My feeling at this time is that SQLAlchemy is a cause of problems.

  1. the documentation of SQLAlchemy is a mess. There are tiny fragments of code, but there are five ways to write things and it's never clear which is best.
  2. The "imedance mismatch" of ORM is starting to show its ugly head. There are times when you want to use a join like fetching both PaperStatus and CompileRecord for a version, but you shouldn't have to always fetch the PaperStatus with the CompileRecord. You still have to write SQL, but now you have to write SQL in some object-oriented method that obscures the actual SQL being run.
  3. the change to SQLAlchemy 2.0 is apparently not recognized by flask-sqlalchemy, and they deprecated the original way of writing queries. By contrast, SQL has been stable for decades.

One reason to use SQLAlchemy is to use a pool of database connections, but my feeling is that the traffic is so low that we will never experience a problem with creating a new connection for each request (this is how eprint was written).

At this point I lean toward ripping out SQLAlchemy. The original use was for flask-login to have a User class, but that part is easy to code up without SQLAlchemy.

kmccurley commented 1 year ago

After spending a couple of days reading about SQLAlchemy, I came to the conclusion was that I used the flask-sqlalchemy package instead of just SQLAlchemy. One of the consequences is that models are defined in nonstandard syntax (by sqlalchemy standards anyway), and flask-sqlalchemy depends on version 1.4 of SQLAlchemy. The most recent version of SQLAlchemy is 2.0, and this is a fairly major change in the APIs.

The only thing that we used from flask-sqlalchemy was cleanup of sessions after each request, but it turns out that there is an easy alternative in SQLAlchemy itself, namely scoped_session. This is built using connection pools, and the only thing we have to do is make sure to release the session at the end of each request.

For now I think the solution is to remove flask-sqlalchemy as suggested here and upgrade to sqlalchemy 2.0. This preserves our ability to write simple ORM queries. The foreign key cascade problem seems to have a different solution, namely to use ondelete='CASCADE' in ForeignKey definitions, and use cursor.execute('PRAGMA foreign_keys=ON') in the rare case when we are deleting a PaperStatus.

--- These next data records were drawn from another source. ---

-- ===== src/Slab/Lists.antt =====
-- Moving a slab from one list of its cache to another, as kernel/src/mm/slab.c does when the slab
-- becomes partly used, runs out of free objects, or gets its objects back.
use munk_os.Prelude.{
  ℕ, ◌≡◌, refl, ap, ◌∙◌, arith, true, false, ◌&&◌, List, ◌∷◌, ◌++◌, mem, mem-append, ◌==◌, ==_iff,
  Bool-cases, inl, inr, update, Outcome, ok, if◌then◌else◌,
}
use mathlib.Core.Path.{subst}
use munk_os.Links.{Ptr, null, node, Links}
use munk_os.Links.Segments
use munk_os.Links.Segments.{Chain, SameOff, Disjoint}
use munk_os.Links.Edits
use munk_os.FrameAlloc.{inc_size, dec_size}
use munk_os.FrameAlloc.Freelist.{list_link, list_unlink}
use munk_os.FrameAlloc.Freelist.Laws.{list_link-cons, list_unlink-append}
use munk_os.Slab.Caches.{
  SlabCache, Heap, Fill, full, partial, empty, slabs_of, count_of, set_slabs, with_cache, move_slab,
}
use munk_os.Slab.Invariant.{same_fill, Slabs, AreLinked}

-- The slabs when list `f` of cache `c` is `xs`.
abbrev pub put : Slabs → ℕ → Fill → List ℕ → Slabs
put slabs c f xs d g = if d == c && same_fill g f then xs else slabs d g

pub same_fill→eq : (f g : Fill) → same_fill f g ≡ true → f ≡ g
same_fill→eq full full e = refl
same_fill→eq partial partial e = refl
same_fill→eq empty empty e = refl
same_fill→eq full partial e = cc
same_fill→eq full empty e = cc
same_fill→eq partial full e = cc
same_fill→eq partial empty e = cc
same_fill→eq empty full e = cc
same_fill→eq empty partial e = cc

slabs_of-set :
    (k : SlabCache) (f g : Fill) (p : Ptr) (n : ℕ)
    → slabs_of (set_slabs k f p n) g ≡ (if same_fill g f then p else slabs_of k g)
slabs_of-set k full full p n = refl
slabs_of-set k full partial p n = refl
slabs_of-set k full empty p n = refl
slabs_of-set k partial full p n = refl
slabs_of-set k partial partial p n = refl
slabs_of-set k partial empty p n = refl
slabs_of-set k empty full p n = refl
slabs_of-set k empty partial p n = refl
slabs_of-set k empty empty p n = refl

pub same-split : (c d : ℕ) (f g : Fill) → (d == c && same_fill g f) ≡ true → (d ≡ c) × (g ≡ f)
same-split c d f g e = (ground (arith, e), same_fill→eq g f (ground (arith, e)))

AreLinked-update :
    (l k : Links) (caches : ℕ → SlabCache) (slabs : Slabs) (c : ℕ) (f : Fill) (head tail : Ptr)
    (n : ℕ) (xs touched : List ℕ)
    → ((d : ℕ) (g : Fill)
        → (d == c && same_fill g f) ≡ false
        → Disjoint (slabs d g) touched × Disjoint (slabs d g) xs)
    → SameOff touched l k
    → Chain k head xs tail
    → AreLinked l caches slabs
    → AreLinked k (update caches c (set_slabs (caches c) f head n)) (put slabs c f xs)
AreLinked-update l k caches slabs c f head tail n xs touched spared same s v = record {
  each = λ d g. elim (Bool-cases (d == c && same_fill g f)) [
    | inl e ↦
        let (p, q) = same-split c d f g e in
        let h : slabs_of (update caches c (set_slabs (caches c) f head n) d) g ≡ head =
          ground (arith, e, slabs_of-set (caches c) f g head n) in
        rw (e, h) (tail, s)
    | inr e ↦
        let (end, t) = v.each d g in
        let h : slabs_of (update caches c (set_slabs (caches c) f head n) d) g
            ≡ slabs_of (caches d) g =
          other d g e in
        rw (e, h)
          (
            end,
            Segments.frame l k null (slabs_of (caches d) g) (slabs d g) end null
                (λ a i. same a ((spared d g e).0 a i)) t,
          )
  ];
  apart = λ d d' g g' ne a at_d. ground (
    arith,
    v.apart d d' g g' ne a,
    λ (h : (d == c && same_fill g f) ≡ false) (p : mem a xs ≡ true).
        Edits.not-mem_of_Disjoint (slabs d g) xs a (spared d g h).1 p,
    λ (h : (d' == c && same_fill g' f) ≡ false). (spared d' g' h).1 a,
  );
}
  where
    other :
        (d : ℕ) (g : Fill)
        → (d == c && same_fill g f) ≡ false
        → slabs_of (update caches c (set_slabs (caches c) f head n) d) g ≡ slabs_of (caches d) g
    other d g e = elim (Bool-cases (d == c)) [
      | inl h ↦
          let q = (==_iff d c).0 h in
          rw (h, q) (slabs_of-set (caches c) f g head n ∙ ground (arith, e, h))
      | inr h ↦ rw h
    ]

-- The slabs when `s` has gone from between `ys` and `zs` in list `from` to the front of list `to`.
abbrev pub moved : Slabs → ℕ → Fill → Fill → List ℕ → ℕ → List ℕ → Slabs
moved slabs c from to ys s zs =
    put (put slabs c from (ys ++ zs)) c to (s ∷ put slabs c from (ys ++ zs) c to)

-- A cache with one slab less in list `from`, whose head is `p`, and one more in list `to`.
abbrev pub moved_cache : SlabCache → Fill → Fill → Ptr → Ptr → SlabCache
moved_cache k from to p q =
    let k' = set_slabs k from p (dec_size (count_of k from) 1) in
    set_slabs k' to q (inc_size (count_of k' to) 1)

-- The call returns; only pointers of slabs and the heads and counts of the two lists have changed.
pub record Relinked (h : Heap) (c : ℕ) (from to : Fill) (slabs : Slabs) (r : Outcome Heap)
    : Type 0 where
  pub old_head : Ptr
  pub new_head : Ptr
  pub links : Links
  pub caches : ℕ → SlabCache
  pub runs : r ≡ ok (record h { links = links; caches = caches })
  pub linked : AreLinked links caches slabs
  pub cache : caches c ≡ moved_cache (h.caches c) from to old_head new_head

relink : Heap → ℕ → Fill → Links → Ptr → ℕ → Heap
relink h c f l head n = with_cache (record h { links = l }) c (set_slabs (h.caches c) f head n)

unlinked : Heap → ℕ → Fill → Links → Ptr → Heap
unlinked h c f l p = relink h c f l p (dec_size (count_of (h.caches c) f) 1)

move_runs :
    (h : Heap) (c : ℕ) (from to : Fill) (s : ℕ) (l k : Links) (p q : Ptr)
    → list_unlink h.links s (slabs_of (h.caches c) from) ≡ ok (l, p)
    → list_link l s (slabs_of ((unlinked h c from l p).caches c) to) ≡ ok (k, q)
    → move_slab h c from to s
      ≡ ok (
          relink
            (unlinked h c from l p)
            c
            to
            k
            q
            (inc_size (count_of ((unlinked h c from l p).caches c) to) 1))
unfolding move_slab relink unlinked
move_runs h c from to s l k p q a b = rw (a, b)

module _ (h : Heap) {slabs : Slabs} (v : AreLinked h.links h.caches slabs) (c : ℕ) (from to : Fill)
    (ne : same_fill from to ≡ false) (ys : List ℕ) (s : ℕ) (zs : List ℕ)
    (here : slabs c from ≡ ys ++ s ∷ zs) where
  all_apart :
      (d : ℕ) (g : Fill)
      → (d == c && same_fill g from) ≡ false
      → Disjoint (slabs d g) (ys ++ s ∷ zs)
  all_apart d g e a i = ground (arith, v.apart d c g from e a i, ap (mem a) here)

  rest_apart :
      (d : ℕ) (g : Fill) → (d == c && same_fill g from) ≡ false → Disjoint (slabs d g) (ys ++ zs)
  rest_apart d g e a i =
      ground (arith, all_apart d g e a i, mem-append a ys zs, mem-append a ys (s ∷ zs))

  -- `s` is in no list once it has been taken out.
  away : (d : ℕ) (g : Fill) → mem s (put slabs c from (ys ++ zs) d g) ≡ false
  away d g = elim (Bool-cases (d == c && same_fill g from)) [
    | inl e ↦
        let (tail, t) = v.each c from in
        rw e (
          Edits.once h.links (slabs_of (h.caches c) from) ys s zs tail
            (subst (λ xs. Chain h.links (slabs_of (h.caches c) from) xs tail) here t))
    | inr e ↦ rw e (
        Edits.not-mem_of_Disjoint (slabs d g) (ys ++ s ∷ zs) s (all_apart d g e)
          (ground (arith, mem-append s ys (s ∷ zs))))
  ]

  -- Afterwards `s` is in list `to` only, and all others are where they were.
  pub mem-moved_same :
      (d : ℕ) (g : Fill) → mem s (moved slabs c from to ys s zs d g) ≡ true → (d ≡ c) × (g ≡ to)
  mem-moved_same d g i = elim (Bool-cases (d == c && same_fill g to)) [
    | inl e ↦ same-split c d to g e
    | inr e ↦ cc (away d g, rw e at i)
  ]

  pub mem-moved :
      (d : ℕ) (g : Fill) (t : ℕ)
      → (t == s) ≡ false
      → mem t (moved slabs c from to ys s zs d g) ≡ mem t (slabs d g)
  mem-moved d g t n =
      let shorter : (d : ℕ) (g : Fill)
          → mem t (put slabs c from (ys ++ zs) d g) ≡ mem t (slabs d g) =
        λ d g. elim (Bool-cases (d == c && same_fill g from)) [
          | inl e ↦
              let (p, q) = same-split c d from g e in
              rw (e, p, q)
                (ground (arith, ap (mem t) here, mem-append t ys zs, mem-append t ys (s ∷ zs)))
          | inr e ↦ rw e
        ] in
      elim (Bool-cases (d == c && same_fill g to)) [
        | inl e ↦ let (p, q) = same-split c d to g e in rw (e, p, q, n) (shorter c to)
        | inr e ↦ rw e (shorter d g)
      ]

  pub move_slab-Relinked :
      Relinked h c from to (moved slabs c from to ys s zs) (move_slab h c from to s)
  unfolding relink unlinked
  move_slab-Relinked =
      let (tail, g) = v.each c from in
      let g' = subst (λ xs. Chain h.links (slabs_of (h.caches c) from) xs tail) here g in
      let (l, p, unlinks, took) =
        list_unlink-append h.links (slabs_of (h.caches c) from) ys s zs tail g' in
      let n = dec_size (count_of (h.caches c) from) 1 in
      let h1 = relink h c from l p n in
      let slabs1 = put slabs c from (ys ++ zs) in
      let v1 : AreLinked l h1.caches slabs1 =
        AreLinked-update h.links l h.caches slabs c from p took.tail n (ys ++ zs) (ys ++ s ∷ zs)
          (λ d g e. (all_apart d g e, rest_apart d g e)) took.same took.chain v in
      let (tail1, g1) = v1.each c to in
      let (k, t, links, chain, same) =
        list_link-cons l (slabs_of (h1.caches c) to) (slabs1 c to) tail1 s (away c to) g1 in
      let m = inc_size (count_of (h1.caches c) to) 1 in
      let apart : (d : ℕ) (g : Fill)
          → (d == c && same_fill g to) ≡ false
          → Disjoint (slabs1 d g) (s ∷ slabs1 c to) =
        λ d g e a i.
          ground (arith, v1.apart d c g to e a i, Edits.not_same a s (slabs1 d g) i (away d g)) in
      record {
        old_head = p;
        new_head = node s;
        cache = rw (Edits.==_refl c) refl;
        links = k;
        caches = update h1.caches c (set_slabs (h1.caches c) to (node s) m);
        runs = move_runs h c from to s l k p (node s) unlinks links;
        linked =
            AreLinked-update l k h1.caches slabs1 c to (node s) t m (s ∷ slabs1 c to)
              (s ∷ slabs1 c to) (λ d g e. (apart d g e, apart d g e)) same chain v1;
      }

-- The counters of a cache are not about its lists.
pub AreLinked-counter :
    (l : Links) (caches : ℕ → SlabCache) (slabs : Slabs) (c n : ℕ)
    → AreLinked l caches slabs
    → AreLinked l (update caches c (record (caches c) { total_objs_allocated = n })) slabs
AreLinked-counter l caches slabs c n v = record {
  each = λ d g. subst (λ p. (tail : Ptr) × Chain l p (slabs d g) tail) (same d g) (v.each d g);
  apart = v.apart;
}
  where
    at_c :
        (g : Fill)
        → slabs_of (caches c) g ≡ slabs_of (record (caches c) { total_objs_allocated = n }) g
    at_c full = refl
    at_c partial = refl
    at_c empty = refl

    same :
        (d : ℕ) (g : Fill)
        → slabs_of (caches d) g
          ≡ slabs_of (update caches c (record (caches c) { total_objs_allocated = n }) d) g
    same d g = elim (Bool-cases (d == c)) [
      | inl e ↦ let q = (==_iff d c).0 e in rw (e, q) (at_c g)
      | inr e ↦ rw e
    ]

One problem that this solves for us over the approach used in IACR/eprint is that tests can make use of sqlite, even if the production system eventually shifts to postgres or mysql or mariadb.

kmccurley commented 10 months ago

SQLAlchemy has been updated to 2.0. I'm still not convinced that it's worth keeping because it feels easier to just write SQL. There are two ways to use SQLAlchemy, namely as the core layer and the ORM layer. We are mostly using the ORM layer, which allows us to manipulate objects instead of raw Result sets. The two paradigms can be mixed. By keeping SQLAlchemy it makes it easy for us to write tests using sqlite, but use mariadb in production.